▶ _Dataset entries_
-- ===== src/Client.antt =====
-- client.go: the methods of `Client` that change its state. As in Subscription, `meanwhile` is what
-- handlers and other goroutines do while a method waits, and may change anything.
mod Teardown
mod Transitions
mod ServerSubs
mod Tokens
unfoldable pub use Teardown.*
unfoldable pub use Transitions.*
unfoldable pub use ServerSubs.*
unfoldable pub use Tokens.*
mod Connect
mod Dispatch
unfoldable pub use Connect.*
unfoldable pub use Dispatch.*
mod Replies
unfoldable pub use Replies.*
mod New
unfoldable pub use New.*
mod Reader
unfoldable pub use Reader.*
mod Api
unfoldable pub use Api.*
mod Operations
unfoldable pub use Operations.*
pub mod Core
pub mod Consistency
pub mod Reports
pub mod Complete
pub mod Connecting
pub mod Closed
pub mod Start
pub mod Answers
pub mod Frames
pub mod Progress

▶ _Exercise_
If a line of the records holds the word "unfoldable", count it; report only the total.

▶ _Reply_
11